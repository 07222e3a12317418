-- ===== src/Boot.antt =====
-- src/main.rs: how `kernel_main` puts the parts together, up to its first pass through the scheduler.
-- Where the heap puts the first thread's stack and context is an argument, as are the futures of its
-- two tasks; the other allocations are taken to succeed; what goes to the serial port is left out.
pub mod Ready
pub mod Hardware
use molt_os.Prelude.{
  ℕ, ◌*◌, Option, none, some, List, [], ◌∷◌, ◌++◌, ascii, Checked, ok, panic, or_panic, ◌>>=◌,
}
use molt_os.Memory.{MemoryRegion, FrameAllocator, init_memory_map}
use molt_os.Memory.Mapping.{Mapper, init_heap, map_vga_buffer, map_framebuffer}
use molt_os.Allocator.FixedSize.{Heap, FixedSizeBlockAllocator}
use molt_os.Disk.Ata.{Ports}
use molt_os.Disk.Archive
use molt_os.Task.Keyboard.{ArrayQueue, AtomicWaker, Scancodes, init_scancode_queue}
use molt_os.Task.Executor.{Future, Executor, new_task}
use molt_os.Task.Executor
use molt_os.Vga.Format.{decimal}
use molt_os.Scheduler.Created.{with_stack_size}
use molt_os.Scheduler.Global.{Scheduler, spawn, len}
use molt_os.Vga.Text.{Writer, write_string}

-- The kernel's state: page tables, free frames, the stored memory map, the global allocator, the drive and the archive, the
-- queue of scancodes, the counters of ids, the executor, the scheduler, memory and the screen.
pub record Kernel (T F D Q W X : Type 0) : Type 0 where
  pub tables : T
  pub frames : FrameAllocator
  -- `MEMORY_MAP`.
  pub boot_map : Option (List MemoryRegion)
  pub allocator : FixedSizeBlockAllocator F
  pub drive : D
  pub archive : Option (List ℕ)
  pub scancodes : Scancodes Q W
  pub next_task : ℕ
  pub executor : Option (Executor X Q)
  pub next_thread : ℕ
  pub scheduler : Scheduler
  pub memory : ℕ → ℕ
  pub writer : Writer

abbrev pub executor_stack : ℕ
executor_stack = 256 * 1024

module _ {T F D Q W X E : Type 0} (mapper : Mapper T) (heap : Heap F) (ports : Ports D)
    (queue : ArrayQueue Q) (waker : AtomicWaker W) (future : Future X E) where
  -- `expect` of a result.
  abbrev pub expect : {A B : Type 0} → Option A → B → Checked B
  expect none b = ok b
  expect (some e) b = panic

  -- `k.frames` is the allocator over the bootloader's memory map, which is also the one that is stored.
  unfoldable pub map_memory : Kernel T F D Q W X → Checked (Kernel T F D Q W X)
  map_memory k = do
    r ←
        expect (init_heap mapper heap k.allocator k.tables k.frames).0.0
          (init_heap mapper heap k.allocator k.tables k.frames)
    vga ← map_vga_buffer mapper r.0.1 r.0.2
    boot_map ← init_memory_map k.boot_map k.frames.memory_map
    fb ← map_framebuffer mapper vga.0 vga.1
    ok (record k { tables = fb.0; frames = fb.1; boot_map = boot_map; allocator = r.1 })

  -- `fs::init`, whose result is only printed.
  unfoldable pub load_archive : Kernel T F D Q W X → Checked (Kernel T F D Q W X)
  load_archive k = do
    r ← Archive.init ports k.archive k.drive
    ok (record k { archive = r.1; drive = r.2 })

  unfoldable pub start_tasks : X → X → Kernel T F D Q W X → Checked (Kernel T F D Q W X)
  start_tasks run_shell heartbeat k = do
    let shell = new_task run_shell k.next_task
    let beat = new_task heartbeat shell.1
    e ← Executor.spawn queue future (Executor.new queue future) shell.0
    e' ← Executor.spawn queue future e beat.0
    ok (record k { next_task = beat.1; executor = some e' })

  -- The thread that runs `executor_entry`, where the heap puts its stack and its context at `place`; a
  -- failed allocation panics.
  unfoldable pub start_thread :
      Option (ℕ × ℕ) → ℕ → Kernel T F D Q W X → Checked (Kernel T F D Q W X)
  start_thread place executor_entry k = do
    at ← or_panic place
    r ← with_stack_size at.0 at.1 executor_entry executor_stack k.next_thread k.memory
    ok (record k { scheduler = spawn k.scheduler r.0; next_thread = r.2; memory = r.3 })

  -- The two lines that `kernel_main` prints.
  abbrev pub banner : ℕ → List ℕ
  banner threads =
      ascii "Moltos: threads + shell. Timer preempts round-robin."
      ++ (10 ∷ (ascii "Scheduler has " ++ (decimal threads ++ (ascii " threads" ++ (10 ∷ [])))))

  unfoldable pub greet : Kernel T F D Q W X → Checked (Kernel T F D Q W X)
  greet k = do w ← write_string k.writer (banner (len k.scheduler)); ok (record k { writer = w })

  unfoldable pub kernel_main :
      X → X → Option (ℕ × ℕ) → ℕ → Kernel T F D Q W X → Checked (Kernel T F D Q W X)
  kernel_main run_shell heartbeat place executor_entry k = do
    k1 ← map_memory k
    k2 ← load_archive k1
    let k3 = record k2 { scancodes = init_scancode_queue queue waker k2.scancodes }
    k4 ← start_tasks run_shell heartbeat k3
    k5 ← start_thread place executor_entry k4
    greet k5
============
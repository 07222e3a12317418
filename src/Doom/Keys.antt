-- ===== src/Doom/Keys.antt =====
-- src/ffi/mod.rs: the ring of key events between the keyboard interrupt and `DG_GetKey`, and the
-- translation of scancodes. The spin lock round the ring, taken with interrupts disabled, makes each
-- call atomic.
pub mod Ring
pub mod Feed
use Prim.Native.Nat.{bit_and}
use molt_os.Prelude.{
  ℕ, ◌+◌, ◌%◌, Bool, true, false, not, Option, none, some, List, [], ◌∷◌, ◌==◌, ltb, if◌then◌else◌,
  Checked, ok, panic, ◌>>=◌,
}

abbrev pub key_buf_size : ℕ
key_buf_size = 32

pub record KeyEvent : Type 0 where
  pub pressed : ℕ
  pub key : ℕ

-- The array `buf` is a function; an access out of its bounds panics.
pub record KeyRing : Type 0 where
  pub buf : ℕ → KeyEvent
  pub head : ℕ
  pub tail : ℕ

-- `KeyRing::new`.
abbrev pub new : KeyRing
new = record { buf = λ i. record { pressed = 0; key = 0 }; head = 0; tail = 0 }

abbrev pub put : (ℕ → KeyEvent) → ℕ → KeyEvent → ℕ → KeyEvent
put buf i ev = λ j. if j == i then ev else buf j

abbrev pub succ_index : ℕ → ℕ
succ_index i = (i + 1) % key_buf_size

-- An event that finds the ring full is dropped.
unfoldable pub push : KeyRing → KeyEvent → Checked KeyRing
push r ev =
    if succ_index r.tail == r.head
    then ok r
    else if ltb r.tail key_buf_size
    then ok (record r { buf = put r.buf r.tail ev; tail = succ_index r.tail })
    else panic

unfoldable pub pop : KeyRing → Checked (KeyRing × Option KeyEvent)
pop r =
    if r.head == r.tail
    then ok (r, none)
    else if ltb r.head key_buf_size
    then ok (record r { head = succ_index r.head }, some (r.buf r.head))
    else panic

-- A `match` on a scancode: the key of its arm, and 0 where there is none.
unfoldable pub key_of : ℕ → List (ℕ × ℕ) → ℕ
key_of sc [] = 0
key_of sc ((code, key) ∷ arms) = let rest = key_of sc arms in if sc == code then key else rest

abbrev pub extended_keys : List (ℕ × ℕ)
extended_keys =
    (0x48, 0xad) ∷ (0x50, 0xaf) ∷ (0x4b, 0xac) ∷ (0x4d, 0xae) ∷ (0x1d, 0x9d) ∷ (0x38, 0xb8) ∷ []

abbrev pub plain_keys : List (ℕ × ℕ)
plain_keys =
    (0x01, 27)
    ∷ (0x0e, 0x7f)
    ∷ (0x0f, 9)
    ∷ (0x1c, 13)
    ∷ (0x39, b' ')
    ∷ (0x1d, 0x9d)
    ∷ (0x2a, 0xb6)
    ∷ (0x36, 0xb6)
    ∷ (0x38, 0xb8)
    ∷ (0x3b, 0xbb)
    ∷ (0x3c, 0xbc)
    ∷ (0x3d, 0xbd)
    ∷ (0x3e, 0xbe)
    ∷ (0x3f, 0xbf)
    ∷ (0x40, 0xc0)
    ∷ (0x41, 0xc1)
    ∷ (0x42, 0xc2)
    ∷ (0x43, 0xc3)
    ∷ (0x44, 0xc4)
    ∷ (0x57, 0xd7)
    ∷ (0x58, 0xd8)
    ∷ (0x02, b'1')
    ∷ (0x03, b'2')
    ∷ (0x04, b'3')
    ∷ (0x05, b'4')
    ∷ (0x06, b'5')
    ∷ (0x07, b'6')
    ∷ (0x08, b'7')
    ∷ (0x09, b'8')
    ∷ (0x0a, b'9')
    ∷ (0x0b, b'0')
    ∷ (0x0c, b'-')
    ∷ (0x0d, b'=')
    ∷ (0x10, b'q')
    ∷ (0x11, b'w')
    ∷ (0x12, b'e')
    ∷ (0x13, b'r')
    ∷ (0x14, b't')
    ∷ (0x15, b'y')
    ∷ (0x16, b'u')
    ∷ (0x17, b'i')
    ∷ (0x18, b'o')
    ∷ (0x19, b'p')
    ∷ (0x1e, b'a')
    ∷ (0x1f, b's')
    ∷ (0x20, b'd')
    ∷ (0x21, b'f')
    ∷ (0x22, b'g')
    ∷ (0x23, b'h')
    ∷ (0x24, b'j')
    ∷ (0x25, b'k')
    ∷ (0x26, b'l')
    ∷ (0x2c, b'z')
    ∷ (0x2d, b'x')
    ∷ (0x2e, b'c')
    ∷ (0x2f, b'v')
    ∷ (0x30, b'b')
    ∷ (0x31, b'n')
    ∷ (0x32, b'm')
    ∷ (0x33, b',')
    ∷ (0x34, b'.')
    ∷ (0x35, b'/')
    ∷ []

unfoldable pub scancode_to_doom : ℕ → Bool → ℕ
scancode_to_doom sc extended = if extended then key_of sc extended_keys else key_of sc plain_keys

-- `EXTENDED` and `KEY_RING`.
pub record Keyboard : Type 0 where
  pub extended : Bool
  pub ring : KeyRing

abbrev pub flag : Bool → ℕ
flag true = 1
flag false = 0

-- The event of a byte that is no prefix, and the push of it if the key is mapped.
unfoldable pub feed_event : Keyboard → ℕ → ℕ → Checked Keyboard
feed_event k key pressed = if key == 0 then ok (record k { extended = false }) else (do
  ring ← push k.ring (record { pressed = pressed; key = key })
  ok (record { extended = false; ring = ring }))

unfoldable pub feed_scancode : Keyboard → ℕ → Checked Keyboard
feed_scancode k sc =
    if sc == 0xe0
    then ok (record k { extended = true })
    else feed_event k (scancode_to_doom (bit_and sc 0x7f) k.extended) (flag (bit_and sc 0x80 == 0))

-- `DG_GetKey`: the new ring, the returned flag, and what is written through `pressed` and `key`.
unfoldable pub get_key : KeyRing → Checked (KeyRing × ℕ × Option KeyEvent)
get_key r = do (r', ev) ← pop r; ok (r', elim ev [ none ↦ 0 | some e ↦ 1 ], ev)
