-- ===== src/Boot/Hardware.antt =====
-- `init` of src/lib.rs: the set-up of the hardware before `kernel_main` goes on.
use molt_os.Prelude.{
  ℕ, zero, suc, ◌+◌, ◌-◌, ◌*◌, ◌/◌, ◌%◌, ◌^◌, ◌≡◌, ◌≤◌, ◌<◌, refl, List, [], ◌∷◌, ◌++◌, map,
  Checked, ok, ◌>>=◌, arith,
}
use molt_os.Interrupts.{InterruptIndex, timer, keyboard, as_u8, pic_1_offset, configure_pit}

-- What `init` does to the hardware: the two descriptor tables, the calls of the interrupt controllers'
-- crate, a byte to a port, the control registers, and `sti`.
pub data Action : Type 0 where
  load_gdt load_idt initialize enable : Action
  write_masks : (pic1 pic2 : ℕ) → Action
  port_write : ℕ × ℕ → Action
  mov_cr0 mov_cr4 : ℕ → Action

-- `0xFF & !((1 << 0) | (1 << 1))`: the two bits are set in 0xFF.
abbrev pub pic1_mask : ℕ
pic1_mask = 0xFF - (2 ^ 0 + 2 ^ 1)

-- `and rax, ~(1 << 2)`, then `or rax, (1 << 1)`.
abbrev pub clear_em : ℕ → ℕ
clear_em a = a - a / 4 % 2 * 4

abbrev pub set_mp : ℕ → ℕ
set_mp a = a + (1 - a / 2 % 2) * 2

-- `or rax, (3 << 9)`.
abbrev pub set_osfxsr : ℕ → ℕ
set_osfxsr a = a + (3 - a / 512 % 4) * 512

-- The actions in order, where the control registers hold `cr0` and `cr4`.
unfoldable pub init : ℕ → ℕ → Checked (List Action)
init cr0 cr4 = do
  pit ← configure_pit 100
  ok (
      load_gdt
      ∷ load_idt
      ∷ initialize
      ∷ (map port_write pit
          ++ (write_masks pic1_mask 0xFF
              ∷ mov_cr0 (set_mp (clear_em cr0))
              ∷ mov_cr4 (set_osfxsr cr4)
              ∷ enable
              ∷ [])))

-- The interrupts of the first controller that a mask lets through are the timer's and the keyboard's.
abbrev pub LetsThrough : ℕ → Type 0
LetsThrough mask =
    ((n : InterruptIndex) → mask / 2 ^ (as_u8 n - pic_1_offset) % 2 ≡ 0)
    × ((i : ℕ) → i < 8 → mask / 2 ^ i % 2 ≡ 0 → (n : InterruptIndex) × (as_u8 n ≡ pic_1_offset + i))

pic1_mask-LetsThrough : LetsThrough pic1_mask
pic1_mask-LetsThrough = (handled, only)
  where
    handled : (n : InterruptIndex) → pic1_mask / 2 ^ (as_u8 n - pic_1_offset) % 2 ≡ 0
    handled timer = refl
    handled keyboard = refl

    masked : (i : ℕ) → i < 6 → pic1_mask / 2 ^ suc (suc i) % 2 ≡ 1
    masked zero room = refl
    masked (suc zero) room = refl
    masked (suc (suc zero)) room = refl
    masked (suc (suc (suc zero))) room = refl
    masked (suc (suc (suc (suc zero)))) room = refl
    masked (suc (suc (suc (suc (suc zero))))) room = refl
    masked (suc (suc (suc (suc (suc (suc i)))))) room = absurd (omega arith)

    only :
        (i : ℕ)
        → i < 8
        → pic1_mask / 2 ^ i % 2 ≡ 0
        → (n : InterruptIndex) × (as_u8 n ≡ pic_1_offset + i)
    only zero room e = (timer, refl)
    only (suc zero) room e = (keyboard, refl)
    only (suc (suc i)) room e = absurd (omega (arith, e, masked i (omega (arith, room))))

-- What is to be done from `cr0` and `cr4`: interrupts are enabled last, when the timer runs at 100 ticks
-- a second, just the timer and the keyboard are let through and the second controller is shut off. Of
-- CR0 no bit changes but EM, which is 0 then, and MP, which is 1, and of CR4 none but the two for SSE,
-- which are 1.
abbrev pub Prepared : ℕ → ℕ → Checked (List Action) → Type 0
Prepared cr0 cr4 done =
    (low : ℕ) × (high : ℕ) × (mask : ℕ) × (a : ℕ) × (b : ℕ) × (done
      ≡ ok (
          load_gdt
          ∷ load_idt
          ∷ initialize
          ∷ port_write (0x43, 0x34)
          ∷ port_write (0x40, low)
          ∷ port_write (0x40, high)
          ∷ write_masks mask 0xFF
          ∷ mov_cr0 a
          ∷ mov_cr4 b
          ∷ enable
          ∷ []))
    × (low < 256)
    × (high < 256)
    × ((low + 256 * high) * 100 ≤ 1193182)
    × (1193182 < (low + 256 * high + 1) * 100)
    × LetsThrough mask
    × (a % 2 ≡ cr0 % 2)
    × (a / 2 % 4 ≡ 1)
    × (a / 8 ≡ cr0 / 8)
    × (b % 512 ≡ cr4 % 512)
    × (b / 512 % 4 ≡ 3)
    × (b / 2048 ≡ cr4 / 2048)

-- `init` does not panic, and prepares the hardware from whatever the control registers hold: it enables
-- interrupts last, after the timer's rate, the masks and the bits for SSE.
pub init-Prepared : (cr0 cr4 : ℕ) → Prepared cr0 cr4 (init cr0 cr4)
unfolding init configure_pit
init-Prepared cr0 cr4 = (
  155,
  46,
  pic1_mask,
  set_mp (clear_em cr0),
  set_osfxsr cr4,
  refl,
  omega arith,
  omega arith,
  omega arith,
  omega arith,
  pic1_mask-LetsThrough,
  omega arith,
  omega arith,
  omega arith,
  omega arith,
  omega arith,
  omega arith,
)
============
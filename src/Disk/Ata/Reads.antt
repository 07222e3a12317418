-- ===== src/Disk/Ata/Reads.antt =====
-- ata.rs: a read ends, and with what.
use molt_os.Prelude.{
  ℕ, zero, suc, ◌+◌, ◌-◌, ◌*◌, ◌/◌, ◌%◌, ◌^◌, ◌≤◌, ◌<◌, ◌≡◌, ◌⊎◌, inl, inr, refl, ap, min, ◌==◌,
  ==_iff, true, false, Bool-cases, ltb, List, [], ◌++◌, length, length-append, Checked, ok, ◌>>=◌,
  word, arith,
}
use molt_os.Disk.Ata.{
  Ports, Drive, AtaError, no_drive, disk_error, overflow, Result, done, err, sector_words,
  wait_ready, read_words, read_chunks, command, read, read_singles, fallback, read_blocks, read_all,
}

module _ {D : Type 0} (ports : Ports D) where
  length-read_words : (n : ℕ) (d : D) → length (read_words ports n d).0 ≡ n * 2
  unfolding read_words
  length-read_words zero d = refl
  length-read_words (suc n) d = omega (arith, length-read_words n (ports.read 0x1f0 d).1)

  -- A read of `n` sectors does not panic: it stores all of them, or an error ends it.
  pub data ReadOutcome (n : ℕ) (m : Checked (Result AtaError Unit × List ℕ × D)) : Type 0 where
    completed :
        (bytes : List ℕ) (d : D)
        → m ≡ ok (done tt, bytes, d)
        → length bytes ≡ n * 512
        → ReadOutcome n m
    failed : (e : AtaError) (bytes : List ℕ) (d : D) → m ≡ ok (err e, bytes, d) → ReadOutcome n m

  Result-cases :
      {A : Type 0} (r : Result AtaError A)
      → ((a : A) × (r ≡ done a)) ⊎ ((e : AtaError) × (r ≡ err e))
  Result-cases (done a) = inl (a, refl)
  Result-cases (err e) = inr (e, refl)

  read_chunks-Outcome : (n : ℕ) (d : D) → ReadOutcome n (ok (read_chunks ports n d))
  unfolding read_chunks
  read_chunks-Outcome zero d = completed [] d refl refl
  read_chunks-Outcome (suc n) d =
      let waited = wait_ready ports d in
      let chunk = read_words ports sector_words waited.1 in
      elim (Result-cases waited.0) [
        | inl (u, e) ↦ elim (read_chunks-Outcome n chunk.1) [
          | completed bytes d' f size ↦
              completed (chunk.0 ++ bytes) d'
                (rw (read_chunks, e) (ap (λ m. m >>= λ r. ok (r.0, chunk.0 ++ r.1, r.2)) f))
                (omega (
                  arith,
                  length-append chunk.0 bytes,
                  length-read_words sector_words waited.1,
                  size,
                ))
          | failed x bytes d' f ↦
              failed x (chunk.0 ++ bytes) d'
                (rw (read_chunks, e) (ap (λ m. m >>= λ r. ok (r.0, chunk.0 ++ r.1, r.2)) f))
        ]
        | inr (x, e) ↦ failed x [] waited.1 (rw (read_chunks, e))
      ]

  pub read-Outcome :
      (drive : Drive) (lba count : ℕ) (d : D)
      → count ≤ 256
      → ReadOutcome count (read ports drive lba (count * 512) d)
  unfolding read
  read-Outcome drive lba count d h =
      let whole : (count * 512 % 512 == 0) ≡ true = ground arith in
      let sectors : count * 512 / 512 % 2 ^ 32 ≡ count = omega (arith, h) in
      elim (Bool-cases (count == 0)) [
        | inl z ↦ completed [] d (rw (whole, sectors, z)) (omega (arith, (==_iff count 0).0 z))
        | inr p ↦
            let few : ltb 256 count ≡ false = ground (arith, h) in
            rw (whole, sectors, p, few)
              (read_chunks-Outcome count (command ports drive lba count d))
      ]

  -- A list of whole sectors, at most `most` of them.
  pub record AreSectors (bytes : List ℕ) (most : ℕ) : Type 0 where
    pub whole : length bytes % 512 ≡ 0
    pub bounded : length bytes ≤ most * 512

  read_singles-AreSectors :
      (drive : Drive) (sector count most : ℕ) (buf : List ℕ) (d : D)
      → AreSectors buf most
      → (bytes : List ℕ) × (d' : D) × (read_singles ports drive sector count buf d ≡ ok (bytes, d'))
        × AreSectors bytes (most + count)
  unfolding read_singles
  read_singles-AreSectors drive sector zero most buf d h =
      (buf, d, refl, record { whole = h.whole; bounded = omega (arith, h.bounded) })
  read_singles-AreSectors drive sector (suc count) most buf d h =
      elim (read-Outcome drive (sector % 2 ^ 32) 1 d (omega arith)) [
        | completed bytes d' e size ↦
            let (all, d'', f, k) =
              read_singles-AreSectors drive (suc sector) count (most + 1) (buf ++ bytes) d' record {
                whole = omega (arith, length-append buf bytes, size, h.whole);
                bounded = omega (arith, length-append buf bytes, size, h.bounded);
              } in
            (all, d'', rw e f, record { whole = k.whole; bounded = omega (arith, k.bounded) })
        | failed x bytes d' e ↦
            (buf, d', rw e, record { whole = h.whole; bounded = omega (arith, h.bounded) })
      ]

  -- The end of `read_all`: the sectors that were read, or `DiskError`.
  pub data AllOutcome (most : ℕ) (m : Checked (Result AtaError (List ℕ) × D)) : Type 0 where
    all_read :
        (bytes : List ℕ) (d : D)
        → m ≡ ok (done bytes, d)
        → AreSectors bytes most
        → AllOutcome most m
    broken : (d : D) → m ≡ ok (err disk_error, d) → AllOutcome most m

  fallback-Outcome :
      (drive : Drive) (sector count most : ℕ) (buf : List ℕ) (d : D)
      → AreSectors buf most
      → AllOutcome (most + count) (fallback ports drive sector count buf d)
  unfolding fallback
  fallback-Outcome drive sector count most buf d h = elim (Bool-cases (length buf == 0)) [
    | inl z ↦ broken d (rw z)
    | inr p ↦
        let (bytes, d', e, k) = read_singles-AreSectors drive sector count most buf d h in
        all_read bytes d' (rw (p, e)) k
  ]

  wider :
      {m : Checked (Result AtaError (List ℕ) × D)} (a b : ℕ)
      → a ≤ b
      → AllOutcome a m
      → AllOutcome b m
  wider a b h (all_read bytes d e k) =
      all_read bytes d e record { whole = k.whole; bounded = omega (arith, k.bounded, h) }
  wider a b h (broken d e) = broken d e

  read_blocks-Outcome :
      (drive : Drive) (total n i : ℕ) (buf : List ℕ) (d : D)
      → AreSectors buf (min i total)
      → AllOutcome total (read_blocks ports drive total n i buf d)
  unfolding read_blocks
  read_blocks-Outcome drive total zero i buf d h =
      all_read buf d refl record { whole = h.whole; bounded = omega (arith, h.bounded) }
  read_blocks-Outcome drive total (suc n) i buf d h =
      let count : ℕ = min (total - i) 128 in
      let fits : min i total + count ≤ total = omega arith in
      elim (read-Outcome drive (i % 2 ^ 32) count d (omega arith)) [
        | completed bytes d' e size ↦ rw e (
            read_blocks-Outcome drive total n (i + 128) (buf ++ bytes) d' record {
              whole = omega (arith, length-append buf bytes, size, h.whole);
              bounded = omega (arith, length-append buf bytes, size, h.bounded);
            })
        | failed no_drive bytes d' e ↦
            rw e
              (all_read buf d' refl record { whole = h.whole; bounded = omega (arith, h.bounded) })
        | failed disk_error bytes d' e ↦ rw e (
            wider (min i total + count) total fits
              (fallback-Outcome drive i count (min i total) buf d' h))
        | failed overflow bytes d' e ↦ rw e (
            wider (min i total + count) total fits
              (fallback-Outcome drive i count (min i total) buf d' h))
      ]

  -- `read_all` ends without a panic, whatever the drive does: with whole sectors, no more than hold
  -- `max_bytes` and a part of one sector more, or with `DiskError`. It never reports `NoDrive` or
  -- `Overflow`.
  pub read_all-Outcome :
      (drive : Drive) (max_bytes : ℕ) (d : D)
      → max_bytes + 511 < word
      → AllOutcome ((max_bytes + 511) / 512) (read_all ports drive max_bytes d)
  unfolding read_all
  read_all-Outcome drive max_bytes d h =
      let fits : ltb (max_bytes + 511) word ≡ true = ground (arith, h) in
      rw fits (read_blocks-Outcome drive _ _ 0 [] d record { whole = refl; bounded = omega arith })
============
• [WORK REQUEST]:
Only lines that include "LetsThrough" belong in the answer; return them from the entries above.

• [OUTPUT FOR THIS EXERCISE]:
abbrev pub LetsThrough : ℕ → Type 0
LetsThrough mask =
pic1_mask-LetsThrough : LetsThrough pic1_mask
pic1_mask-LetsThrough = (handled, only)
    × LetsThrough mask
  pic1_mask-LetsThrough,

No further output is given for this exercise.